Tampoco es que el evento no nos diga nada. Al contrario, algo dice. Pero uno simplemente no puede bautizar un evento porque sí, darle un nombre. Y si se pregunta si esa persona ya lo trae de nacimiento, el hecho se considera pero al igual que los otros factores se comprueba. Cada detalle, por mayúsculo o minúsculo que sea, se le considera por igual. ¿A qué quiero llegar con todo esto? A la facilidad con que afirmamos, con la que juramos que algo es. Nos enfundamos en nuestro rol de juez, ese que dicta sentencia o exonera. Recordemos que la ciencia no vive de corazonadas o presentimientos, vive de hechos, de evidencias. Pero eso, ¿a nosotros qué nos interesa? Somos personas comunes y corrientes, no personajes de laboratorio, ¿cierto?

A mi llegó el título "El mundo y sus demonios" de Carl Sagan, científico americano renombrado que, sin acabar de leerlo aún, su principal cometido es el de vulgarizar la ciencia, hacerla cada vez más parte de la vida cotidiana, acoplarla a nuestro vivir. Y pensándolo, me resulta difícil imaginar que tal propósito se logre pues, ¿cuántos de nosotros, por ejemplo, se tomaría la molestia de dejar de lado la credulidad para preguntarse qué tan cerca de la realidad está ese horóscopo del día o si las noticias de hoy son autenticas o meras manipulaciones para atraer lectores o espectadores? Muy pocos, seguramente. Porque nos resulta más fácil afirmar que comprobar. Somos una sociedad —hablando de la mexicana— que no estamos acostumbrada a pensar mas sí a obedecer. Somos más dados a seguir pasos que a dar los nuestros.

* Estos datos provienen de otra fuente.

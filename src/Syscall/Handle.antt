-- ===== src/Syscall/Handle.antt =====
-- crates/smos-server/src/handle_arg.rs: handles as they reach a server. A client's local handle
-- is its index, and a handle capability the bits of its slot's path.
use smos_thesis.Base.{ℕ, Result, ok, err}
use smos_thesis.Server.Handles.{
  ServerReceivedHandleOrHandleCap, handle, unwrapped_handle_cap, wrapped_handle_cap,
}
use smos_thesis.Server.Reply.{HandleOrHandleCap, handle_cap}

pub record ReceivedHandle : Type 0 where
  pub idx : ℕ

pub record UnwrappedHandleCap : Type 0 where
  pub idx : ℕ

pub record WrappedHandleCap : Type 0 where
  pub cptr : ℕ

-- `TryFrom<ServerReceivedHandleOrHandleCap>` of a `HandleCap` and of a `HandleOrHandleCap`.
unfoldable pub handle_cap_try_from : ServerReceivedHandleOrHandleCap → Result (Unit {0}) ℕ
handle_cap_try_from (wrapped_handle_cap cptr) = ok cptr
handle_cap_try_from (handle idx) = err tt
handle_cap_try_from (unwrapped_handle_cap idx) = err tt

unfoldable pub handle_or_handle_cap_try_from :
    ServerReceivedHandleOrHandleCap → Result (Unit {0}) HandleOrHandleCap
unfolding handle_cap_try_from
handle_or_handle_cap_try_from val = elim (handle_cap_try_from val) [
  | ok cptr ↦ ok (handle_cap cptr)
  | err e ↦ err e
]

Los tiempos que vivimos en la actualidad, no nos dan siquiera tiempo de checar si al automóvil le hace falta gasolina o la mascota tiene suficiente comida, menos aún cosas que requieren más de nuestra atención, razonamiento y disposición. Pero la ciencia no es únicamente comprobar —como lo planteé al principio— sino hacer más fáctica la realidad, desvulgarizarla, despopularizarla, quitar esas ideas compartidas entre la sociedad, casi casi que heredadas, y resignificarlas con algo más acorde a los hechos y no a creencias que la abuela o la mamá tenían o siguen teniendo. Dejar de creer, por ejemplo, que pasar debajo de una escalera o abrir un paraguas en un espacio cerrado es de mala suerte. La mala suerte no existe, existe el error o la equivocación; elementos más humanos que el anteriormente nombrado.

Hay quienes piensen que la ciencia es aburrida pero no es así. La ciencia es exigente. La ciencia no permite especulaciones o "lo que me dijo un amigo". La ciencia no permite titubeos. La ciencia es como el padre en este matrimonio con la madre naturaleza. Y hasta donde recuerdo, los padres son divertidos, los padres te dejan ensuciarte, te dejan desenvolverte, te dejan interactuar más de cerca con el mundo, te enseñan bajo el método ensayo-error. Cierto: sin la madre no hubiera vida pero sin el padre no la conociéramos en su máximo esplendor. Así que démosle su merecido lugar y agradecimiento.